*** Opening of The input ***

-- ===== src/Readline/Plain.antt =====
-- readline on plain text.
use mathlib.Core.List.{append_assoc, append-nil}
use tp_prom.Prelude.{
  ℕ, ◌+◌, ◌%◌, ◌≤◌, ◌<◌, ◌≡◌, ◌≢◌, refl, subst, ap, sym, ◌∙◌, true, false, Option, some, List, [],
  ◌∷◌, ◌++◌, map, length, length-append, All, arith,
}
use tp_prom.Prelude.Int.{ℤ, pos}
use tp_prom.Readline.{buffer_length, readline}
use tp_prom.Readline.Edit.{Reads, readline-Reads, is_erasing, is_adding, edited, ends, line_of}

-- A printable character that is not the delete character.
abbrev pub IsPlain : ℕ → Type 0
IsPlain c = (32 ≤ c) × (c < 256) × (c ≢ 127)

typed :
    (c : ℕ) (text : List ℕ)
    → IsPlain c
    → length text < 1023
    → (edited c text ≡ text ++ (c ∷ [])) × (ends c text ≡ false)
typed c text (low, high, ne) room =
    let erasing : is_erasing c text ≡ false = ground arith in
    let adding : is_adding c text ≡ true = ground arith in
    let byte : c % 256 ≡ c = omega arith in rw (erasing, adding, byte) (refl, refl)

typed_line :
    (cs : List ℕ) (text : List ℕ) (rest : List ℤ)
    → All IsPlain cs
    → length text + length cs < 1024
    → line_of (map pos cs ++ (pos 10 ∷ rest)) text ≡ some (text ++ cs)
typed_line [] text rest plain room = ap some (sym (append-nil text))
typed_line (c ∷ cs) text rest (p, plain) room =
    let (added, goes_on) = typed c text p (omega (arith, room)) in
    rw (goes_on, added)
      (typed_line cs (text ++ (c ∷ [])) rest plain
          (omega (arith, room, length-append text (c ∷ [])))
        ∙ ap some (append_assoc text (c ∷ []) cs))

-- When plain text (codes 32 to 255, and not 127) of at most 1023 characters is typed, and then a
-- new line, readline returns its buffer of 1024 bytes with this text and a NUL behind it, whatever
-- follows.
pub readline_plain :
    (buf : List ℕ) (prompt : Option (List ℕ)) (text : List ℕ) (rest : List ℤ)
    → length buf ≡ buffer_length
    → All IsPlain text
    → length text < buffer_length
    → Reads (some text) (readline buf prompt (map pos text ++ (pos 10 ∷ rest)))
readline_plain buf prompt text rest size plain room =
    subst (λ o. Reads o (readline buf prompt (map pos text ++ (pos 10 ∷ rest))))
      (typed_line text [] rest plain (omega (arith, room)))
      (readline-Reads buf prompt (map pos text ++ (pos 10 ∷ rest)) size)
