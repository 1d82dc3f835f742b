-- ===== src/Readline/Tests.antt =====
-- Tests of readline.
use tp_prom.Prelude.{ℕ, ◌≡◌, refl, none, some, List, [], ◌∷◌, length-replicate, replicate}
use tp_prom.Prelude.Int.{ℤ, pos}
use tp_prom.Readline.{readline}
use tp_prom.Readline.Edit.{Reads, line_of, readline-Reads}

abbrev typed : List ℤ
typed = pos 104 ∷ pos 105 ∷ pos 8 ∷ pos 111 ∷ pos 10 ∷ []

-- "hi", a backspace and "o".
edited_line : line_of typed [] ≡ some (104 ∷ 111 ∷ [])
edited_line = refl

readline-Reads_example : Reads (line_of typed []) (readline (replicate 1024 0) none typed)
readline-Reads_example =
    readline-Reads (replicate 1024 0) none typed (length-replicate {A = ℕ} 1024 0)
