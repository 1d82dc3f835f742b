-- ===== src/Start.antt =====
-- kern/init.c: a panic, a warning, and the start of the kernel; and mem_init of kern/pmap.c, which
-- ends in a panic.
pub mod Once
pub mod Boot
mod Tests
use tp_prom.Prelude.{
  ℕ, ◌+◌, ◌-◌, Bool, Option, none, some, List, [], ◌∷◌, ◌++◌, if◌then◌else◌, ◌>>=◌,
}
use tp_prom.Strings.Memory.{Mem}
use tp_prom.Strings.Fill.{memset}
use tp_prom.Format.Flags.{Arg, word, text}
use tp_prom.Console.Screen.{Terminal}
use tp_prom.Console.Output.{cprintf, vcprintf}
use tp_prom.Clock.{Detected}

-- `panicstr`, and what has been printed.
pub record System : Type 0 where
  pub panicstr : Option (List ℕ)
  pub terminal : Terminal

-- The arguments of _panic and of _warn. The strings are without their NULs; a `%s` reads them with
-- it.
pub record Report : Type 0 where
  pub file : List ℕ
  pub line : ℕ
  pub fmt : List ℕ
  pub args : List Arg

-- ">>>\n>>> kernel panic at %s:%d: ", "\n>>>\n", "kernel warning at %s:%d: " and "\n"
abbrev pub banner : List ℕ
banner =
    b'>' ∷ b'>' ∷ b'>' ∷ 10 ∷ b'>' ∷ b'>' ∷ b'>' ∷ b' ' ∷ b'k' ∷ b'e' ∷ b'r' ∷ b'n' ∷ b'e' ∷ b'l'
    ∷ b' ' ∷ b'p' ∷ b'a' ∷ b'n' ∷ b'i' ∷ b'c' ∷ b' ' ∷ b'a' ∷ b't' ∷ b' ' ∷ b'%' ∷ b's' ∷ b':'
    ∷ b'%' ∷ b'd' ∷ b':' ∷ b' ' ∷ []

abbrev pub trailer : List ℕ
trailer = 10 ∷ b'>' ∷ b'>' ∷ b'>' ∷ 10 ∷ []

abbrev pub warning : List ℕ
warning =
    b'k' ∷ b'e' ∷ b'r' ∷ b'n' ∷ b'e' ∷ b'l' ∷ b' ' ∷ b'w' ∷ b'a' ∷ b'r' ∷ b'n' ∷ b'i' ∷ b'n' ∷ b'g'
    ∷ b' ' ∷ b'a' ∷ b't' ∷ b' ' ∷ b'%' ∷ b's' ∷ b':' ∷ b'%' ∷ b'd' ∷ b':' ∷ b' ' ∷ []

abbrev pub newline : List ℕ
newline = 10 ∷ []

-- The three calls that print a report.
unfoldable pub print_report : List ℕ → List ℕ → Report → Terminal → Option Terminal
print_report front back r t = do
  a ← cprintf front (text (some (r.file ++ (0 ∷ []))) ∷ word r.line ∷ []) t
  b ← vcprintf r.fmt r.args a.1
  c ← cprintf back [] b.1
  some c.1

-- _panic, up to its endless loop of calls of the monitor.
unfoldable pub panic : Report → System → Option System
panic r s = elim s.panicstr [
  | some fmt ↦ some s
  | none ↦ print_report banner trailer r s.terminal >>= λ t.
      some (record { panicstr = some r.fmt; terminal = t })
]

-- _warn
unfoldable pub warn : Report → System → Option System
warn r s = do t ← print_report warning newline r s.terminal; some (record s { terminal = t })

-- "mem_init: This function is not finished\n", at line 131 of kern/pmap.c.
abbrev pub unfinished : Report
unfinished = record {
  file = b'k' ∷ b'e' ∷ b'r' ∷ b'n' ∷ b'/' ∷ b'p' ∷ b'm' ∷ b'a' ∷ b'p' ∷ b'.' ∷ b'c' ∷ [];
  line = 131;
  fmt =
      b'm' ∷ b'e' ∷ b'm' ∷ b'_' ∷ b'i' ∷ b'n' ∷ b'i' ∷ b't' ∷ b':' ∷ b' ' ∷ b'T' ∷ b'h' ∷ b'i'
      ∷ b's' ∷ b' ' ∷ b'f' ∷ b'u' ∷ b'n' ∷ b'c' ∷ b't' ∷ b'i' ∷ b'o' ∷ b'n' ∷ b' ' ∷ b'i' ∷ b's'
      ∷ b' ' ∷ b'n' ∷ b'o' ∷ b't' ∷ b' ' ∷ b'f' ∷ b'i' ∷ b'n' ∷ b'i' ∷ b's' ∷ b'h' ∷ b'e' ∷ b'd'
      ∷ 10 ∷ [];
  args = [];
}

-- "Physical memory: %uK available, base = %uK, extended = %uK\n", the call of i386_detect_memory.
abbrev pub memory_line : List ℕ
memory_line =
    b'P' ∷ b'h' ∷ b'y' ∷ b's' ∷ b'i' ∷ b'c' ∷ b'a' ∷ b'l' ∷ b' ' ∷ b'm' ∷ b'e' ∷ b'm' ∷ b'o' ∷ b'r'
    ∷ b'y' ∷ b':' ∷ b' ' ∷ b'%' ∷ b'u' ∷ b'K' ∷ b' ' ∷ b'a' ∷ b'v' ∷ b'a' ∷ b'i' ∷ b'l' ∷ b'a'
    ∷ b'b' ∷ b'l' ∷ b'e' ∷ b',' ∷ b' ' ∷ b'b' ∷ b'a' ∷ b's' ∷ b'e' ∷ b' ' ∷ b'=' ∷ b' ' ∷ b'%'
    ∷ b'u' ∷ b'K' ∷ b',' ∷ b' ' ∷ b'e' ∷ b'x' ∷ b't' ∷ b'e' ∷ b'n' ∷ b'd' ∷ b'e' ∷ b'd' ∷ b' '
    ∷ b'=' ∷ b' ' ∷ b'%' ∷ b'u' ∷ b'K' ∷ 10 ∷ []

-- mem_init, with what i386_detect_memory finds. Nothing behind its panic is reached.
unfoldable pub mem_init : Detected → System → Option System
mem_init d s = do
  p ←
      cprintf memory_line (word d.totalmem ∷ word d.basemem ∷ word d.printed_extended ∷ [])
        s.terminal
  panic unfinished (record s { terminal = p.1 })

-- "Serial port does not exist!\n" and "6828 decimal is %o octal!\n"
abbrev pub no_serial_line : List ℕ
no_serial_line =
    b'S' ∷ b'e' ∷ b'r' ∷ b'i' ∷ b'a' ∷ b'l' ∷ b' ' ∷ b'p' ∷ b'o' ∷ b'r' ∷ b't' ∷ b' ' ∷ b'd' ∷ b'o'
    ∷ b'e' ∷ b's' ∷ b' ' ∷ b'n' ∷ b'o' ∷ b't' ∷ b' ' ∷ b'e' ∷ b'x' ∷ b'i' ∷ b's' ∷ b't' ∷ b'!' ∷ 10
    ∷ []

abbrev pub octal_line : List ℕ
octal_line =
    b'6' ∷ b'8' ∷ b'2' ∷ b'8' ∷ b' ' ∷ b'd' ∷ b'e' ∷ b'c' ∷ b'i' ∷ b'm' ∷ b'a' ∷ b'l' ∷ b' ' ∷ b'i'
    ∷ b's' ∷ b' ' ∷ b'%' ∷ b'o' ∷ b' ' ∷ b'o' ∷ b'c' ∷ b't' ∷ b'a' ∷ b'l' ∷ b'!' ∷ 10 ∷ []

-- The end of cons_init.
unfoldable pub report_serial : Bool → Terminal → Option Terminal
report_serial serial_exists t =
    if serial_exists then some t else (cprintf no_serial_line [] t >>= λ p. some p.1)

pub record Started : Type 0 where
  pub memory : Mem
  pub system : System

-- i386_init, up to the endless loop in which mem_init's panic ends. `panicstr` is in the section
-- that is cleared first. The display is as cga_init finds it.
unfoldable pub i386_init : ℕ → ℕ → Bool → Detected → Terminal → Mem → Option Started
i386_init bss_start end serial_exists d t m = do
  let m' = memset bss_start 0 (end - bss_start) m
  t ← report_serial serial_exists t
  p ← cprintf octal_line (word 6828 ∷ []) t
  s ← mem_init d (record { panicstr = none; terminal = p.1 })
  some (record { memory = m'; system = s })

*** Close of The input ***

**Assignment:**
Extract from the records above the lines from the one containing "print_report front back r t = do" to the one containing "b'i' ∷ b'l' ∷ b'a'", both lines included, exactly as they appear and with nothing else.

**Answer to this task:**
print_report front back r t = do
  a ← cprintf front (text (some (r.file ++ (0 ∷ []))) ∷ word r.line ∷ []) t
  b ← vcprintf r.fmt r.args a.1
  c ← cprintf back [] b.1
  some c.1

-- _panic, up to its endless loop of calls of the monitor.
unfoldable pub panic : Report → System → Option System
panic r s = elim s.panicstr [
  | some fmt ↦ some s
  | none ↦ print_report banner trailer r s.terminal >>= λ t.
      some (record { panicstr = some r.fmt; terminal = t })
]

-- _warn
unfoldable pub warn : Report → System → Option System
warn r s = do t ← print_report warning newline r s.terminal; some (record s { terminal = t })

-- "mem_init: This function is not finished\n", at line 131 of kern/pmap.c.
abbrev pub unfinished : Report
unfinished = record {
  file = b'k' ∷ b'e' ∷ b'r' ∷ b'n' ∷ b'/' ∷ b'p' ∷ b'm' ∷ b'a' ∷ b'p' ∷ b'.' ∷ b'c' ∷ [];
  line = 131;
  fmt =
      b'm' ∷ b'e' ∷ b'm' ∷ b'_' ∷ b'i' ∷ b'n' ∷ b'i' ∷ b't' ∷ b':' ∷ b' ' ∷ b'T' ∷ b'h' ∷ b'i'
      ∷ b's' ∷ b' ' ∷ b'f' ∷ b'u' ∷ b'n' ∷ b'c' ∷ b't' ∷ b'i' ∷ b'o' ∷ b'n' ∷ b' ' ∷ b'i' ∷ b's'
      ∷ b' ' ∷ b'n' ∷ b'o' ∷ b't' ∷ b' ' ∷ b'f' ∷ b'i' ∷ b'n' ∷ b'i' ∷ b's' ∷ b'h' ∷ b'e' ∷ b'd'
      ∷ 10 ∷ [];
  args = [];
}

-- "Physical memory: %uK available, base = %uK, extended = %uK\n", the call of i386_detect_memory.
abbrev pub memory_line : List ℕ
memory_line =
    b'P' ∷ b'h' ∷ b'y' ∷ b's' ∷ b'i' ∷ b'c' ∷ b'a' ∷ b'l' ∷ b' ' ∷ b'm' ∷ b'e' ∷ b'm' ∷ b'o' ∷ b'r'
    ∷ b'y' ∷ b':' ∷ b' ' ∷ b'%' ∷ b'u' ∷ b'K' ∷ b' ' ∷ b'a' ∷ b'v' ∷ b'a' ∷ b'i' ∷ b'l' ∷ b'a'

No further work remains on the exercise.